- Film poster
- Directed by: Jacques Deray
- Written by: Pascal Jardin; Jacques Deray;
- Produced by: Alain Delon
- Starring: Alain Delon; Riccardo Cucciolla; Daniel Ivernel; Reinhard Kolldehoff;
- Cinematography: Jean-Jacques Tarbès [fr]
- Edited by: Henri Lanoë [fr]
- Music by: Claude Bolling
- Production companies: Adel Productions; Comacico; Medusa Produzione; TIT Film-produktion;
- Distributed by: Compagnie Internationale Cinématographique
- Release dates: 23 October 1974 (France); 29 November 1974 (West Germany); 19 December 1974 (Italy);
- Running time: 110 minutes
- Countries: France; Italy; West Germany;
- Language: French
- Box office: 1,698,380 admissions (France)

= Borsalino & Co. =

1974 French film by Jacques Deray

Borsalino & Co. is a 1974 crime film directed by Jacques Deray and starring Alain Delon, Riccardo Cucciolla and Daniel Ivernel. It is the sequel to the film Borsalino (1970), following the criminal Siffredi as he searches Marseille for the gang that murdered his friend Capella.

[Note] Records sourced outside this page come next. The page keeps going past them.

-- ===== src/Optimistic/Aligned/Partition.antt =====
-- pagesOf of client/optimistic.ts: the pages that it answers partition the ids of the family.
use sync_resource.Shared.{
  ℕ, zero, suc, String, ◌≡◌, refl, ap, ◌∙◌, List, [], ◌∷◌, ◌++◌, arith, length, take, drop,
  length-take, length-drop, map,
}
use sync_resource.Optimistic.Types.{PageMeta, PageState, Family}
use sync_resource.Optimistic.Window.{page_total, page_states}
use sync_resource.Optimistic.Aligned.Inserts.{IsAligned}

-- The ids of the pages, one page after the other.
abbrev pub ids_of_pages : List PageState → List String
ids_of_pages [] = []
ids_of_pages (p ∷ ps) = p.ids ++ ids_of_pages ps

-- How many ids each page has.
abbrev pub sizes : List PageState → List ℕ
sizes [] = []
sizes (p ∷ ps) = length p.ids ∷ sizes ps

take-drop {ℓ} : {A : Type ℓ} (n : ℕ) (xs : List A) → take n xs ++ drop n xs ≡ xs
take-drop zero xs = refl
take-drop (suc n) [] = refl
take-drop (suc n) (x ∷ xs) = ap (◌∷◌ x) (take-drop n xs)

none_left : (ids : List String) → 0 ≡ length ids → [] ≡ ids
none_left [] e = refl
none_left (id ∷ ids) e = absurd (omega arith)

ids_of_pages-page_states :
    (ps : List PageMeta) (ids : List String)
    → page_total ps ≡ length ids
    → ids_of_pages (page_states ps ids) ≡ ids
unfolding page_states page_total
ids_of_pages-page_states [] ids e = none_left ids e
ids_of_pages-page_states (p ∷ ps) ids e =
    ap (◌++◌ (take p.count ids))
      (ids_of_pages-page_states ps (drop p.count ids) (omega (arith, length-drop p.count ids, e)))
    ∙ take-drop p.count ids

sizes-page_states :
    (ps : List PageMeta) (ids : List String)
    → page_total ps ≡ length ids
    → sizes (page_states ps ids) ≡ map (λ p. p.count) ps
unfolding page_states page_total
sizes-page_states [] ids e = refl
sizes-page_states (p ∷ ps) ids e =
    let here : length (take p.count ids) ≡ p.count = omega (arith, length-take p.count ids, e) in
    rw here (
      ap (◌∷◌ p.count)
        (sizes-page_states ps (drop p.count ids) (omega (arith, length-drop p.count ids, e))))

-- The pages of an aligned family hold its ids one after the other, each page as many as it counts.
pub page_states-partition :
    (f : Family)
    → IsAligned f
    → (ids_of_pages (page_states f.pages f.ids) ≡ f.ids)
      × (sizes (page_states f.pages f.ids) ≡ map (λ p. p.count) f.pages)
page_states-partition f h =
    (ids_of_pages-page_states f.pages f.ids h.pages, sizes-page_states f.pages f.ids h.pages)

The film was a French, Italian and West German co-production, produced by Delon. It was released in France on 23 October 1974. Borsalino & Co. was the 21st highest grossing film in the country for at the year-end box office in 1974, but was not nearly as popular at the box office as the first 1970 film.

==Plot==
Siffredi, a prominent gangster in 1934 Marseille, learns that the murder of his associate and closest friend Capella was ordered by a new arrival in the city, Volpone. In revenge, he kills Volpone's brother by throwing him from a moving train. A gang war ensues. Volpone's men win, capturing Siffredi and putting his mistress Lola in a brothel. Siffredi is humiliated by the gang by turning him into an alcoholic wreck who is shut up in a psychiatric hospital. Rescued by the only other survivor of his gang, he escapes by boat to Italy. Left supreme in Marseille, Volpone is backed by the government of Nazi Germany and has the police in his pocket.

Three years later, Siffredi has recovered his health, made some money and assembled a new gang. Returning to Marseille, they free Lola from the brothel and in a new war eliminate most of Volpone's men. Capturing Volpone's right-hand man together with the police commissioner who kowtows to him, Siffredi makes the two roaring drunk and calls in journalists to publicise the shameful spectacle. A new police commissioner decides to let Siffredi finish the job. When Volpone tries to flee to Germany, Siffredi captures him on the train and stuffs him into the firebox of the locomotive. Not wanting to start again in Marseille, he takes a ship for the United States with Lola and his gang.

==Cast==
- Alain Delon as Roch Siffredi
- Riccardo Cucciolla as Volpone
- Daniel Ivernel as Inspector Fanti
- Reinhard Kolldehoff as Sam
- André Falcon as Inspector Cazenave
- Lionel Vitrant as Fernand
- Adolfo Lastretti as Luciano
- Greg Germain as Le 'Nègre'
- Pierre Koulak as Spada
- Marius Laurey as Teissere
- Serge Davri as Charlie
- Günter Meisner as the doctor
- Jacques Debary as the Prefect of Police
- Djéloul Beghoura as Lucien
- Bruno Balp as a spectator
- Catherine Rouvel as Lola
- Anton Diffring as a German
- Mireille Darc

==Production==
Borsalino & Co. is a sequel to Borsalino (1970). Among the crew returning from the first film are composer Claude Bolling. Jean-Paul Belmondo does not return because his character died at the end of Borsalino. A photo of his character is seen above a coffin at the beginning of this film.

Filming took place from 29 March to 25 June 1974.

Borsalino & Co. was a French, West German and Italian co-production, made by two Paris-based companies (Adel Productions and Comacico), the Rome-based Medusa Produzione, and the Munich-based TIT Film-produktion.

==Release==
Borsalino and Co. was released in France on 23 October 1974. The film was not as popular as the original, with a third of the spectators of the original film. It had 1,698,390 spectators in France and was the 21st highest grossing film in the country for at the year-end box office in 1974. While the ending of the film ends with the line "To be continued", a sequel was never made.

It was released in West Germany on 29 November 1974 and in Italy on 19 December. When it was released in the United Kingdom on 29 October 1976 it was retitled Blood on the Streets. The film was released on DVD as Borsalino and Co. by Kino Lorber on August 16, 2005.